▸ Exercise brief
Starting at the first entry, print everything through the last exactly.

▸ Data section
= = =

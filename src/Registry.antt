-- ===== src/Registry.antt =====
-- driver.go: the package's registries of drivers and strategies. The mutex is held for the whole
-- of each function. A panic is a result that keeps no state.
mod Tests
pub mod Laws
pub mod Names
use hotload.Prelude.{
  ◌≡◌, ◌⊎◌, inl, inr, refl, String, Option, none, some, List, [], ◌∷◌, lookup, insert, erase,
}
use hotload.State.{SqlDriver, Result}

pub data Outcome {ℓ} (A : Type ℓ) : Type ℓ where
  returns : A → Outcome A
  panics : Outcome A

pub Outcome-cases {ℓ} : {A : Type ℓ} (r : Outcome A) → ((a : A) × (r ≡ returns a)) ⊎ (r ≡ panics)
Outcome-cases (returns a) = inl (a, refl)
Outcome-cases panics = inr refl

pub data StrategyCall : Type 0 where
  watch_call : String → String → String → StrategyCall
  close_call : String → StrategyCall

-- A strategy: what its Watch answers, as a function of the strategies' calls so far.
pub record Strategy : Type 0 where
  pub watch : List StrategyCall → String → String → Result String

-- A registered driver, as each group sees it.
pub record Registered : Type 0 where
  pub driver : String → SqlDriver
  pub options : List (String × String)

pub record Registry : Type 0 where
  pub sql_drivers : List (String × Registered)
  pub strategies : List (String × Strategy)
  pub strategy_calls : List StrategyCall

-- `for k, v := range options { d.options[k] = v }`
unfoldable pub copy_options :
    List (String × String) → List (String × String) → List (String × String)
unfolding insert
copy_options [] found = found
copy_options ((k, v) ∷ options) found = copy_options options (insert k v found)

-- A driverOption is a function on the instance; WithDriverOptions makes the only kind.
unfoldable pub with_driver_options : List (String × String) → Registered → Registered
unfolding copy_options
with_driver_options options d = record d { options = copy_options options d.options }

unfoldable pub apply_all : List (List (String × String)) → Registered → Registered
unfolding with_driver_options
apply_all [] d = d
apply_all (o ∷ os) d = apply_all os (with_driver_options o d)

-- A nil driver is `none`.
unfoldable pub register_sql_driver :
    Registry
    → String
    → Option (String → SqlDriver)
    → List (List (String × String))
    → Outcome Registry
unfolding apply_all
register_sql_driver r name none options = panics
register_sql_driver r name (some driver) options = elim (lookup name r.sql_drivers) [
  | some d ↦ panics
  | none ↦ returns (record r {
    sql_drivers =
        insert name (apply_all options (record { driver = driver; options = [] })) r.sql_drivers;
  })
]

unfoldable pub unregister_all : Registry → Registry
unregister_all r = record r { sql_drivers = []; strategies = [] }

unfoldable pub register_strategy : Registry → String → Option Strategy → Outcome Registry
unfolding lookup insert
register_strategy r name none = panics
register_strategy r name (some strategy) = elim (lookup name r.strategies) [
  | some s ↦ panics
  | none ↦ returns (record r { strategies = insert name strategy r.strategies })
]

-- A strategy in the map is not nil: RegisterStrategy refuses nil.
unfoldable pub unregister_strategy : Registry → String → Registry
unfolding lookup erase
unregister_strategy r name = elim (lookup name r.strategies) [
  | none ↦ r
  | some s ↦ record r {
    strategies = erase name r.strategies;
    strategy_calls = close_call name ∷ r.strategy_calls;
  }
]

= = =

▸ Task output
filename src/Registry.antt
-- ===== src/Registry.antt =====
-- driver.go: the package's registries of drivers and strategies. The mutex is held for the whole
-- of each function. A panic is a result that keeps no state.
mod Tests
pub mod Laws
pub mod Names
use hotload.Prelude.{
  ◌≡◌, ◌⊎◌, inl, inr, refl, String, Option, none, some, List, [], ◌∷◌, lookup, insert, erase,
}
use hotload.State.{SqlDriver, Result}

pub data Outcome {ℓ} (A : Type ℓ) : Type ℓ where
  returns : A → Outcome A
  panics : Outcome A

pub Outcome-cases {ℓ} : {A : Type ℓ} (r : Outcome A) → ((a : A) × (r ≡ returns a)) ⊎ (r ≡ panics)
Outcome-cases (returns a) = inl (a, refl)
Outcome-cases panics = inr refl

pub data StrategyCall : Type 0 where
  watch_call : String → String → String → StrategyCall
  close_call : String → StrategyCall

-- A strategy: what its Watch answers, as a function of the strategies' calls so far.
pub record Strategy : Type 0 where
  pub watch : List StrategyCall → String → String → Result String

-- A registered driver, as each group sees it.
pub record Registered : Type 0 where
  pub driver : String → SqlDriver
  pub options : List (String × String)

pub record Registry : Type 0 where
  pub sql_drivers : List (String × Registered)
  pub strategies : List (String × Strategy)
  pub strategy_calls : List StrategyCall

-- `for k, v := range options { d.options[k] = v }`
unfoldable pub copy_options :
    List (String × String) → List (String × String) → List (String × String)
unfolding insert
copy_options [] found = found
copy_options ((k, v) ∷ options) found = copy_options options (insert k v found)

-- A driverOption is a function on the instance; WithDriverOptions makes the only kind.
unfoldable pub with_driver_options : List (String × String) → Registered → Registered
unfolding copy_options
with_driver_options options d = record d { options = copy_options options d.options }

unfoldable pub apply_all : List (List (String × String)) → Registered → Registered
unfolding with_driver_options
apply_all [] d = d
apply_all (o ∷ os) d = apply_all os (with_driver_options o d)

-- A nil driver is `none`.
unfoldable pub register_sql_driver :
    Registry
    → String
    → Option (String → SqlDriver)
    → List (List (String × String))
    → Outcome Registry
unfolding apply_all
register_sql_driver r name none options = panics
register_sql_driver r name (some driver) options = elim (lookup name r.sql_drivers) [
  | some d ↦ panics
  | none ↦ returns (record r {
    sql_drivers =
        insert name (apply_all options (record { driver = driver; options = [] })) r.sql_drivers;
  })
]

unfoldable pub unregister_all : Registry → Registry
unregister_all r = record r { sql_drivers = []; strategies = [] }

unfoldable pub register_strategy : Registry → String → Option Strategy → Outcome Registry
unfolding lookup insert
register_strategy r name none = panics
register_strategy r name (some strategy) = elim (lookup name r.strategies) [
  | some s ↦ panics
  | none ↦ returns (record r { strategies = insert name strategy r.strategies })
]

-- A strategy in the map is not nil: RegisterStrategy refuses nil.
unfoldable pub unregister_strategy : Registry → String → Registry
unfolding lookup erase
unregister_strategy r name = elim (lookup name r.strategies) [
  | none ↦ r
  | some s ↦ record r {
    strategies = erase name r.strategies;
    strategy_calls = close_call name ∷ r.strategy_calls;
  }
]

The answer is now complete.